[Start of section]

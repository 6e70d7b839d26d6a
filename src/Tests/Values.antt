-- ===== src/Tests/Values.antt =====
-- The theorems on coin transfers, free balances and outcomes at concrete ones.
use indrav.Prelude.{ℕ, zero, suc, ◌≡◌, ◌<◌, ◌↔◌, refl, Bool, some, [], ◌∷◌, arith}
use indrav.Prelude.Int.{pos, negsuc, ◌+ℤ◌, ◌≤ℤ◌}
use indrav.Prelude.Result.{ok}
use indrav.Types.{
  CoinTransfer, TokenIndexedCoinTransferMap, RefundState, TwoPartyFixedOutcomeInterpreterParams,
}
use indrav.CoinTransfers.{merge}
use indrav.AppInstance.{AppInstance, set_app_state, app_to_json, app_from_json}
use indrav.FreeBalance.{
  FreeBalance, increment, to_app_instance, from_app_instance, serialize_free_balance_state,
  deserialize_free_balance_state,
}
use indrav.FreeBalance.Ledger.{ledger, amount_of, IsNonnegative}
use indrav.FreeBalance.Increment.{increment_iff, Fits, ledger-increment}
use indrav.FreeBalance.Codec.{IsFreeBalance, deserialize-serialize, from-to_app_instance}
use indrav.Outcome.{handle_refund_app_outcome_special_case}
use indrav.Outcome.Refunds.{refund-first_deposit}
use indrav.Tests.Toy.{toy, toy_laws, toy_chain, game, value_of, empty_balance, number_of}

abbrev balance : FreeBalance
balance = record {
  active_apps_map = (3306, Bool.true) ∷ [];
  balances_indexed_by_token =
      (0, record { to = 100; amount = pos 10 } ∷ record { to = 200; amount = pos 20 } ∷ []) ∷ [];
}

abbrev payment : TokenIndexedCoinTransferMap
payment = (0, (100, negsuc 3) ∷ (200, pos 4) ∷ []) ∷ []

abbrev paid : FreeBalance
paid = value_of empty_balance (increment payment balance)

abbrev balance_app : AppInstance
balance_app = value_of game (to_app_instance balance game)

balance-IsFreeBalance : IsFreeBalance balance
balance-IsFreeBalance = record {
  tokens = (refl, tt);
  canonical = (refl, tt);
  actives = (refl, tt);
  all_true = (refl, tt);
}

balance-IsNonnegative : IsNonnegative balance
balance-IsNonnegative t u = ground arith

pays : increment payment balance ≡ ok paid
unfolding increment merge ◌+ℤ◌
pays = refl

writes : to_app_instance balance game ≡ ok balance_app
unfolding to_app_instance set_app_state app_to_json app_from_json serialize_free_balance_state
writes = refl

ledger-increment_example : ledger paid 0 100 ≡ ledger balance 0 100 +ℤ amount_of payment 0 100
ledger-increment_example = ledger-increment payment balance 0 100 (refl, tt) pays

increment_iff_example :
    ((fb : FreeBalance) × (increment payment balance ≡ ok fb)) ↔ Fits payment balance
increment_iff_example = increment_iff payment balance (refl, tt) balance-IsNonnegative

deserialize-serialize_example :
    deserialize_free_balance_state (serialize_free_balance_state balance) ≡ ok balance
deserialize-serialize_example = deserialize-serialize toy_laws balance balance-IsFreeBalance

from-to_app_instance_example : from_app_instance balance_app ≡ ok balance
from-to_app_instance_example =
    from-to_app_instance toy_laws balance game balance-IsFreeBalance writes

abbrev players : TwoPartyFixedOutcomeInterpreterParams
players = record { player_addrs = (100, 200); amount = pos 7; token_address = 0 }

abbrev refund : RefundState
refund = record { recipient = 100; multisig = 77; threshold = pos 0; token_address = some 5 }

-- The n-th answer of the toy chain, whose deposits are 0, -1, 1, -2 and so on.
abbrev answer_of : ℕ → CoinTransfer × CoinTransfer
answer_of n = (record { to = 100; amount = number_of n }, record { to = 200; amount = pos 0 })

abbrev dry_answer : ℕ → CoinTransfer × CoinTransfer
dry_answer n = (record { to = 100; amount = pos 0 }, record { to = 200; amount = pos 0 })

before_first : (m : ℕ) → m < 2 → (answer_of m).0.amount ≤ℤ pos 0
before_first zero h = omega arith
before_first (suc zero) h = omega arith
before_first (suc (suc n)) h = absurd (omega arith)

refund-first_deposit_example :
    handle_refund_app_outcome_special_case 0 game refund ≡ ok ((5, (100, pos 1) ∷ []) ∷ [])
refund-first_deposit_example =
    refund-first_deposit game refund (λ n. n) answer_of (λ n. refl) (λ n. refl) 2 (omega arith)
      before_first (omega arith)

[End of section]

> [Exercise requirements] For the word "IsFreeBalance", tally the lines of the listing that include it and give the number alone.

> [Answer] 5